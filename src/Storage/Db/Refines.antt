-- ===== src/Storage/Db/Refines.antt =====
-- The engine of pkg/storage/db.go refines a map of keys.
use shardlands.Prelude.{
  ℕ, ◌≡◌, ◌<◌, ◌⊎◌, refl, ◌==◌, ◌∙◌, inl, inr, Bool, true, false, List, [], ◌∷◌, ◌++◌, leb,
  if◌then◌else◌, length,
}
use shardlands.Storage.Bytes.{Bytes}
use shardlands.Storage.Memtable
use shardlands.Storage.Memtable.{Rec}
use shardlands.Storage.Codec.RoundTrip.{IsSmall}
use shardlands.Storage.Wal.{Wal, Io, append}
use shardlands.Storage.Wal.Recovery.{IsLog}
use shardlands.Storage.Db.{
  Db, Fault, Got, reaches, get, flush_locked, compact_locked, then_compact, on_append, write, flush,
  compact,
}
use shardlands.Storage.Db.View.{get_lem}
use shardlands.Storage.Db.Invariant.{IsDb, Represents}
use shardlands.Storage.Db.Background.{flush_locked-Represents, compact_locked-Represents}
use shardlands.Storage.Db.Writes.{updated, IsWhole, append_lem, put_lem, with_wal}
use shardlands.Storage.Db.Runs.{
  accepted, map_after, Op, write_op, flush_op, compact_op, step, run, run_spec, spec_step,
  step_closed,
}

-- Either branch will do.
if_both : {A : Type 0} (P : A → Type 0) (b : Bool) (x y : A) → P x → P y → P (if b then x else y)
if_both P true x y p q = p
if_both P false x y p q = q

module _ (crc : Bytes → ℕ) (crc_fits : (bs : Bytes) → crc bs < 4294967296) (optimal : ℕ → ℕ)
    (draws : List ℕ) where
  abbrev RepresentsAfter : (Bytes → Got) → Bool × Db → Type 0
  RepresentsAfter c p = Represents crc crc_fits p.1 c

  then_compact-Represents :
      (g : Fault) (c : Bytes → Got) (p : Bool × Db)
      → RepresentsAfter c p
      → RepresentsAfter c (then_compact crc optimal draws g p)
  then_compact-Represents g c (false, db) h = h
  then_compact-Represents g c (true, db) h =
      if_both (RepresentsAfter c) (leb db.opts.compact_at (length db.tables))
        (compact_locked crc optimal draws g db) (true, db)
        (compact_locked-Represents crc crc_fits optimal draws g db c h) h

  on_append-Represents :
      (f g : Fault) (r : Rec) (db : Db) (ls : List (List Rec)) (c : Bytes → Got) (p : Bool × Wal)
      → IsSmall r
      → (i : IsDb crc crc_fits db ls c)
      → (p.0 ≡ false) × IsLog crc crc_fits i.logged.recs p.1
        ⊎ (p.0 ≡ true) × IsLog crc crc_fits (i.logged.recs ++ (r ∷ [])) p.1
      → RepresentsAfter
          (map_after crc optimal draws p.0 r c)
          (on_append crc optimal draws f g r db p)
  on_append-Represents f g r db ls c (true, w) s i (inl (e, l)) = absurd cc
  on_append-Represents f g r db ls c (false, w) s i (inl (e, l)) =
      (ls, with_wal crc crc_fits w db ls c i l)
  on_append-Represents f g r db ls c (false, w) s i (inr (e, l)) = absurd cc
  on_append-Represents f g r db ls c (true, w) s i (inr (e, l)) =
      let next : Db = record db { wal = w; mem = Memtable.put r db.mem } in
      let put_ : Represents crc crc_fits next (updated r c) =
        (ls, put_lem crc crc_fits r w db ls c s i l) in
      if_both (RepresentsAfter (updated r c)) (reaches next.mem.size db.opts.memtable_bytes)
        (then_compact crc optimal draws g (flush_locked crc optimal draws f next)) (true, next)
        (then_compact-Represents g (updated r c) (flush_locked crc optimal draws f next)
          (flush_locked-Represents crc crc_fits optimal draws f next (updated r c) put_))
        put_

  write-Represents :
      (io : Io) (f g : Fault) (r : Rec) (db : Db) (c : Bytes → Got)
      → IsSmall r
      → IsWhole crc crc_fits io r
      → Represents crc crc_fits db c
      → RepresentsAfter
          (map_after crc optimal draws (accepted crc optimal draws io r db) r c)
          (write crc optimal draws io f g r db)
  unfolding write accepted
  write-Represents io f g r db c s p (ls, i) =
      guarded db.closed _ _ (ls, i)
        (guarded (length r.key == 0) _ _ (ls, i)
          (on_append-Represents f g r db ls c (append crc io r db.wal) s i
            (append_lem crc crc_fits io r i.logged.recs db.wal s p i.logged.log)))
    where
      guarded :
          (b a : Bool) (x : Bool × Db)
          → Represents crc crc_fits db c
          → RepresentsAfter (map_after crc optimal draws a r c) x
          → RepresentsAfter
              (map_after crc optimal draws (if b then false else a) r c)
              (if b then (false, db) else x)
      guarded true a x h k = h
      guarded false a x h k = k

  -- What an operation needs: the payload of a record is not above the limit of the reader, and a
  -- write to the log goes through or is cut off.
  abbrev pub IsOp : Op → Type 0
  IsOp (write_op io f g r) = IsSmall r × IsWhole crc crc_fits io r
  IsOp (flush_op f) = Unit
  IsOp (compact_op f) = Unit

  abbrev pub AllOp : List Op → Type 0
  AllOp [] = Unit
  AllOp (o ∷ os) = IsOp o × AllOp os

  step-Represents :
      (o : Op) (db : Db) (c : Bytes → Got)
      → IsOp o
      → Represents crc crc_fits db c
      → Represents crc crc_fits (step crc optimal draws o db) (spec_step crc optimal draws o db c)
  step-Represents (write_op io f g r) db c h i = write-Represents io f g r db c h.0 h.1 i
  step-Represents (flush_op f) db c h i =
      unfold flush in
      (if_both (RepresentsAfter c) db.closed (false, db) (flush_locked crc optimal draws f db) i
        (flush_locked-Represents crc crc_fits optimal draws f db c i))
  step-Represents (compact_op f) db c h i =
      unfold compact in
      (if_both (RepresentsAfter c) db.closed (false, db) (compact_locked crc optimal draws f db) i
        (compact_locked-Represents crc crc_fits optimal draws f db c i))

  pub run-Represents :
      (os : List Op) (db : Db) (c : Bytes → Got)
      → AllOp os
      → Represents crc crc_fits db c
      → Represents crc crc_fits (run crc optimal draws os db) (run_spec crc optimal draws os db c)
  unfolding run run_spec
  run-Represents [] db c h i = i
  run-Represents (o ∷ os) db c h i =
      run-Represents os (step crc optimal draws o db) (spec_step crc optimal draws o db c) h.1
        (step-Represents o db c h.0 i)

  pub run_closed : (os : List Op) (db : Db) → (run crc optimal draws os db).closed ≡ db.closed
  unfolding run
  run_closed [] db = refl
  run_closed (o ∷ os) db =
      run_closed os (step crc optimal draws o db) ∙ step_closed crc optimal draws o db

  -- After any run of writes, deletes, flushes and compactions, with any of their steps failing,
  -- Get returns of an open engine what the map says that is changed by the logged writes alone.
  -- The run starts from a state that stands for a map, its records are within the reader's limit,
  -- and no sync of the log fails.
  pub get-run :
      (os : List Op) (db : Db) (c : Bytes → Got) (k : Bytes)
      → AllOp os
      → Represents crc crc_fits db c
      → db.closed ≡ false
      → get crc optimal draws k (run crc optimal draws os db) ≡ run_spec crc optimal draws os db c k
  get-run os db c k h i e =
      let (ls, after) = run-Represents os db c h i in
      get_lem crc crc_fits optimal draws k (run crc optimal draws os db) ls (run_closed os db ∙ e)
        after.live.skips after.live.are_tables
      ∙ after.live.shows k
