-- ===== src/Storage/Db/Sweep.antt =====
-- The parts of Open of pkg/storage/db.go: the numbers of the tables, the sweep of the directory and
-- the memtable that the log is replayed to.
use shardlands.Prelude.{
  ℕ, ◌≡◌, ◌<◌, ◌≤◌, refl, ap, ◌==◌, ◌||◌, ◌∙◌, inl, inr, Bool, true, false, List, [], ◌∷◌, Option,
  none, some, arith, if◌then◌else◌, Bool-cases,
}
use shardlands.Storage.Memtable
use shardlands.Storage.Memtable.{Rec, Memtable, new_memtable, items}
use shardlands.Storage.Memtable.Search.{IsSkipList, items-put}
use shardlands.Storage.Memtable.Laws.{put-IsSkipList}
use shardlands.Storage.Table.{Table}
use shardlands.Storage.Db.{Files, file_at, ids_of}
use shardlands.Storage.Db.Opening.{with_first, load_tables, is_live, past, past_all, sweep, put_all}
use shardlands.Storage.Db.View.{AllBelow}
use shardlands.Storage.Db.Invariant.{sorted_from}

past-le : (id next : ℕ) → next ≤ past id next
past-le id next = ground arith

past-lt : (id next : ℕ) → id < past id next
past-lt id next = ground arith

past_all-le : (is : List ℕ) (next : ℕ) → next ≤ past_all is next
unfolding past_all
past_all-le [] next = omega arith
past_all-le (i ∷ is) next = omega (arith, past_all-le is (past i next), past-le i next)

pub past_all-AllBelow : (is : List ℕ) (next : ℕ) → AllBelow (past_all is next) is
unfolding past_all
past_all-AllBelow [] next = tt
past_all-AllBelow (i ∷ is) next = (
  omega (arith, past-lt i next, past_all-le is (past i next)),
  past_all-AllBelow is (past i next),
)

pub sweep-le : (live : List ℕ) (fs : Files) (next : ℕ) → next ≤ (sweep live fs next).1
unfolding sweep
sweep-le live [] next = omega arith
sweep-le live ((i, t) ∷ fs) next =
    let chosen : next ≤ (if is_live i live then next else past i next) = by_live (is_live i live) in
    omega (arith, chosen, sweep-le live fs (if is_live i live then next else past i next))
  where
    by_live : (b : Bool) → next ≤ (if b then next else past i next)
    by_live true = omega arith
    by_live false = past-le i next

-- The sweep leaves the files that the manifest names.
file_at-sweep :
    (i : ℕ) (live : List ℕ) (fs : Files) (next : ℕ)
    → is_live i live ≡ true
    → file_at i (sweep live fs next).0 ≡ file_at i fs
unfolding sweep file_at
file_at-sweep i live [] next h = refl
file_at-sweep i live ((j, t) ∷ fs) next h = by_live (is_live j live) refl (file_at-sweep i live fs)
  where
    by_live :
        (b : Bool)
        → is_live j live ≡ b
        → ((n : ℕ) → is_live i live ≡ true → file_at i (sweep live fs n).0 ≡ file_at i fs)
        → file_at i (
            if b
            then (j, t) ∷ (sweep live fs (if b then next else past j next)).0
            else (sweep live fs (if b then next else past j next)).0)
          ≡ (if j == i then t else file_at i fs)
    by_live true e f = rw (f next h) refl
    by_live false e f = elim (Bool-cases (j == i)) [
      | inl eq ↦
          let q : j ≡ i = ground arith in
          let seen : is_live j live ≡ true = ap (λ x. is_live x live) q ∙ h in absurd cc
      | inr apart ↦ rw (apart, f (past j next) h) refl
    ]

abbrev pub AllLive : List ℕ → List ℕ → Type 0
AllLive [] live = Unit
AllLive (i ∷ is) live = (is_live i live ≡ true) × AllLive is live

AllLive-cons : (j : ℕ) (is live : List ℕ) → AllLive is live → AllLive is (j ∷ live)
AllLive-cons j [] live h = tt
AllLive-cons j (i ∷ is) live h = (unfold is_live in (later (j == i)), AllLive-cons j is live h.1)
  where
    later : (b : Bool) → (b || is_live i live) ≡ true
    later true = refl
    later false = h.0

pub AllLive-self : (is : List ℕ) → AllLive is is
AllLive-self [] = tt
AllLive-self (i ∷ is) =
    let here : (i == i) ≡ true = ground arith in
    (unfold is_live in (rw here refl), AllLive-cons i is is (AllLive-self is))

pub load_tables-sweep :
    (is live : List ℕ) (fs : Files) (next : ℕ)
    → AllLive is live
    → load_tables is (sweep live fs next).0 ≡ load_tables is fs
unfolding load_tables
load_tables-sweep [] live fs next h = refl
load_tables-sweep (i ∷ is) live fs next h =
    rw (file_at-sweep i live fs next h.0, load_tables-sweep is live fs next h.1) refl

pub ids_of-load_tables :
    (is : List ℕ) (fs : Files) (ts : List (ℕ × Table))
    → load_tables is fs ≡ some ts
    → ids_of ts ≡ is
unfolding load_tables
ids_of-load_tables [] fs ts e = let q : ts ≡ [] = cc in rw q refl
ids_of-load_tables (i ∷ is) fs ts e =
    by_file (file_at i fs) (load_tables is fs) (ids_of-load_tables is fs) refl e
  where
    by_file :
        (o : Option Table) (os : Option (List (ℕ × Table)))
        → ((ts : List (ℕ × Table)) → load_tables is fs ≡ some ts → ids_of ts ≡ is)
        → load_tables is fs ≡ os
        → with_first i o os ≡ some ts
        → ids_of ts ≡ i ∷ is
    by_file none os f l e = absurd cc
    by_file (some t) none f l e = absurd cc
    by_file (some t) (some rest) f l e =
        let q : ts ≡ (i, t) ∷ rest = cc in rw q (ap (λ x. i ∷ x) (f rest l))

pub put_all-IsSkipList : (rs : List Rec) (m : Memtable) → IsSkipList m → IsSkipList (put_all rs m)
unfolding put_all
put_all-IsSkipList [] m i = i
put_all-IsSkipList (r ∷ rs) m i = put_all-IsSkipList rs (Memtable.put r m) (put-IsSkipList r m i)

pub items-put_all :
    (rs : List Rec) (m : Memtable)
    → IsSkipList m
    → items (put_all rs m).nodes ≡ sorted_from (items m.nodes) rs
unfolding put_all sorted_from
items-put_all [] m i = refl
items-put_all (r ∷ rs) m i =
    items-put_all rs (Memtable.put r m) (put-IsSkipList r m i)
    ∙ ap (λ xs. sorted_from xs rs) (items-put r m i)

★ ★ ★

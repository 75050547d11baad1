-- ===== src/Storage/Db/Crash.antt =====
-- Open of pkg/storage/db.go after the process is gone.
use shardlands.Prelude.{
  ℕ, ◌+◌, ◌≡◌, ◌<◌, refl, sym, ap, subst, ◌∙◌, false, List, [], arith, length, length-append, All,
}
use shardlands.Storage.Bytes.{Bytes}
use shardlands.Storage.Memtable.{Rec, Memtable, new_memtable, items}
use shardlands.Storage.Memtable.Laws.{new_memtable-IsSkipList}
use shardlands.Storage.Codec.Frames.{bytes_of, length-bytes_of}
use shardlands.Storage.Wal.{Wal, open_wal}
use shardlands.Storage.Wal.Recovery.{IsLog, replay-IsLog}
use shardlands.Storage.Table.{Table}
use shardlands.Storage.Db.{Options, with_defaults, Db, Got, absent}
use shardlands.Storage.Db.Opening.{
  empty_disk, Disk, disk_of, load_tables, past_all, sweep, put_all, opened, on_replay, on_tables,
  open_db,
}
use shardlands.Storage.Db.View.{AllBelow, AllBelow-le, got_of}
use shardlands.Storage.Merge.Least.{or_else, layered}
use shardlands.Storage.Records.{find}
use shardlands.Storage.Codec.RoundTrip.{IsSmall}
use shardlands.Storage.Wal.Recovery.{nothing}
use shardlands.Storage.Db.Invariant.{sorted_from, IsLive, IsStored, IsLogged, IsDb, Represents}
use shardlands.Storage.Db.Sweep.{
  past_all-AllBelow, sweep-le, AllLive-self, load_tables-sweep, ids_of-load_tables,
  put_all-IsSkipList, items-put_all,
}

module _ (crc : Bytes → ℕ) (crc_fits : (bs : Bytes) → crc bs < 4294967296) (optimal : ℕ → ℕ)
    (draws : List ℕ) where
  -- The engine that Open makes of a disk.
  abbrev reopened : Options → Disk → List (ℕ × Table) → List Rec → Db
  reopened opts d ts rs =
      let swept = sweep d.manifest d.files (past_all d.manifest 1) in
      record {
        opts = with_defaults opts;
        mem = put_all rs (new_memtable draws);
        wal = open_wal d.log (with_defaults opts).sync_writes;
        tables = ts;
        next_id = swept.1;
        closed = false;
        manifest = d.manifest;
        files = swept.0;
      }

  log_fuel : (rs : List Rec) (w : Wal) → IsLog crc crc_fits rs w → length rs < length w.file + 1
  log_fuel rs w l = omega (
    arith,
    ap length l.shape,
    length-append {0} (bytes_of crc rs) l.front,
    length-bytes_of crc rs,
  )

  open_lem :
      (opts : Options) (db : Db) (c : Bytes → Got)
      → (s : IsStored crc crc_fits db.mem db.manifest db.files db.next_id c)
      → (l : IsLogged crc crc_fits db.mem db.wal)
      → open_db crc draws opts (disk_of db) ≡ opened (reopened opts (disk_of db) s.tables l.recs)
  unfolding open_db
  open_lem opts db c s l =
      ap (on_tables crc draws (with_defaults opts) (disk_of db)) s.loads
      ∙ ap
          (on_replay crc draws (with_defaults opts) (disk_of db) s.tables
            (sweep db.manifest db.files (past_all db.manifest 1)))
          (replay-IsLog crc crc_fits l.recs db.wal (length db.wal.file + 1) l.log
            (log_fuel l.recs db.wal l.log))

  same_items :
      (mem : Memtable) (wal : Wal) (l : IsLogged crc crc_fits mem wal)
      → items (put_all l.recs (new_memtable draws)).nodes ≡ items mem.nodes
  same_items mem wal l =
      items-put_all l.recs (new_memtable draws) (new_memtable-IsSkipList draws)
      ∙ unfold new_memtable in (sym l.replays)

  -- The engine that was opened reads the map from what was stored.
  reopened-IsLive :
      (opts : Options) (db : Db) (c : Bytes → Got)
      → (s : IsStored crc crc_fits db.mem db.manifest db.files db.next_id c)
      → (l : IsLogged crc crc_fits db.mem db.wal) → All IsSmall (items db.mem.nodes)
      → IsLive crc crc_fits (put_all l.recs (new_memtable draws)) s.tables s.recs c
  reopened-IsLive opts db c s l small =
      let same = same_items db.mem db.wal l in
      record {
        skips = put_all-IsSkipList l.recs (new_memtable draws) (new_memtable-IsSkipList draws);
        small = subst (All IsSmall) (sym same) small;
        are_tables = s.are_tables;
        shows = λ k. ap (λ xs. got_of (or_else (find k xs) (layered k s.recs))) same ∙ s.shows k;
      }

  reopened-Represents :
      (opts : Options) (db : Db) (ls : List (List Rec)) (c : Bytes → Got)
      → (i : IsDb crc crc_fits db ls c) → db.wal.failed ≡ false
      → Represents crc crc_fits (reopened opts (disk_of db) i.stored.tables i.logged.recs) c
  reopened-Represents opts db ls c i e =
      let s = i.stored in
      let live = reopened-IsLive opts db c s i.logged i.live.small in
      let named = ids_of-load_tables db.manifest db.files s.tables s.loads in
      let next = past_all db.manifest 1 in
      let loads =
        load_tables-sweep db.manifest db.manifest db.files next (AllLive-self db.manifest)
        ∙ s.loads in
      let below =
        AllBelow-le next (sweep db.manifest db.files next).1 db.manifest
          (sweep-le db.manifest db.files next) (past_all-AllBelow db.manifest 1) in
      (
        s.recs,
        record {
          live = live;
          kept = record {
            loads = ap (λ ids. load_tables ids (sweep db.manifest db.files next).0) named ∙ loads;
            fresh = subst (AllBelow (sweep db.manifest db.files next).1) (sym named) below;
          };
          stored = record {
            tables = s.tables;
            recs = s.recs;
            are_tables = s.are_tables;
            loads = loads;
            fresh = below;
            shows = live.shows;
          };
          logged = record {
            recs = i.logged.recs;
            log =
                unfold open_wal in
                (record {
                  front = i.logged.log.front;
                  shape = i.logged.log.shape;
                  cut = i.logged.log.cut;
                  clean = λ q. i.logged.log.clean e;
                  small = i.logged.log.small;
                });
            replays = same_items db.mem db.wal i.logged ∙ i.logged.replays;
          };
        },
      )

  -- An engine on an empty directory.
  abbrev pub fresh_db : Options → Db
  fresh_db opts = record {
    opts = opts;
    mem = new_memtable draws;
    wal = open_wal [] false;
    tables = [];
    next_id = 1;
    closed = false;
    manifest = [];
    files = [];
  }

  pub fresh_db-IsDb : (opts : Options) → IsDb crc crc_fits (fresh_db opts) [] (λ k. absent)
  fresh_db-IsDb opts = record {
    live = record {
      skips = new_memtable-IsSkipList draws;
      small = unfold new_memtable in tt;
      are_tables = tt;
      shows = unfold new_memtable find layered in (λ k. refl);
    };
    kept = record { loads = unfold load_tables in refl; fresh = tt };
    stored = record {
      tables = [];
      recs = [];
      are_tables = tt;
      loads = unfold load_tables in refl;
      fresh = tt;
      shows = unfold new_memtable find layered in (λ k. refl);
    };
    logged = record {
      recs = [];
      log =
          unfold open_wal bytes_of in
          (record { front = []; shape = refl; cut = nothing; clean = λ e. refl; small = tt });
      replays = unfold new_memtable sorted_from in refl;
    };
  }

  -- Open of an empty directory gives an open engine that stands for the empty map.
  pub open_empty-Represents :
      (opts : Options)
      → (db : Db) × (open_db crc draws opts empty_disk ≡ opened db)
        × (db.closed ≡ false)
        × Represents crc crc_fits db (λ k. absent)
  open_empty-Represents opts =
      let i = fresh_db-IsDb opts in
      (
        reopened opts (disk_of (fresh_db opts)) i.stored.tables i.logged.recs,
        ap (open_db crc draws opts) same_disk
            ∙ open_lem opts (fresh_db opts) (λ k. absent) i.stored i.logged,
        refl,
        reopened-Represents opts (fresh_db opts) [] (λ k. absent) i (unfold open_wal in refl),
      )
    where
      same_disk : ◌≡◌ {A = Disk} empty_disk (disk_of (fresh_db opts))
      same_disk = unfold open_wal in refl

★ ★ ★

After locating the line with "let q : j ≡ i = ground arith in" in the material above, return it and each line after it exactly, ending at the line with "AllLive-cons j [] live h = tt".

■ Exercise result ■
          let q : j ≡ i = ground arith in
          let seen : is_live j live ≡ true = ap (λ x. is_live x live) q ∙ h in absurd cc
      | inr apart ↦ rw (apart, f (past j next) h) refl
    ]

abbrev pub AllLive : List ℕ → List ℕ → Type 0
AllLive [] live = Unit
AllLive (i ∷ is) live = (is_live i live ≡ true) × AllLive is live

AllLive-cons : (j : ℕ) (is live : List ℕ) → AllLive is live → AllLive is (j ∷ live)
AllLive-cons j [] live h = tt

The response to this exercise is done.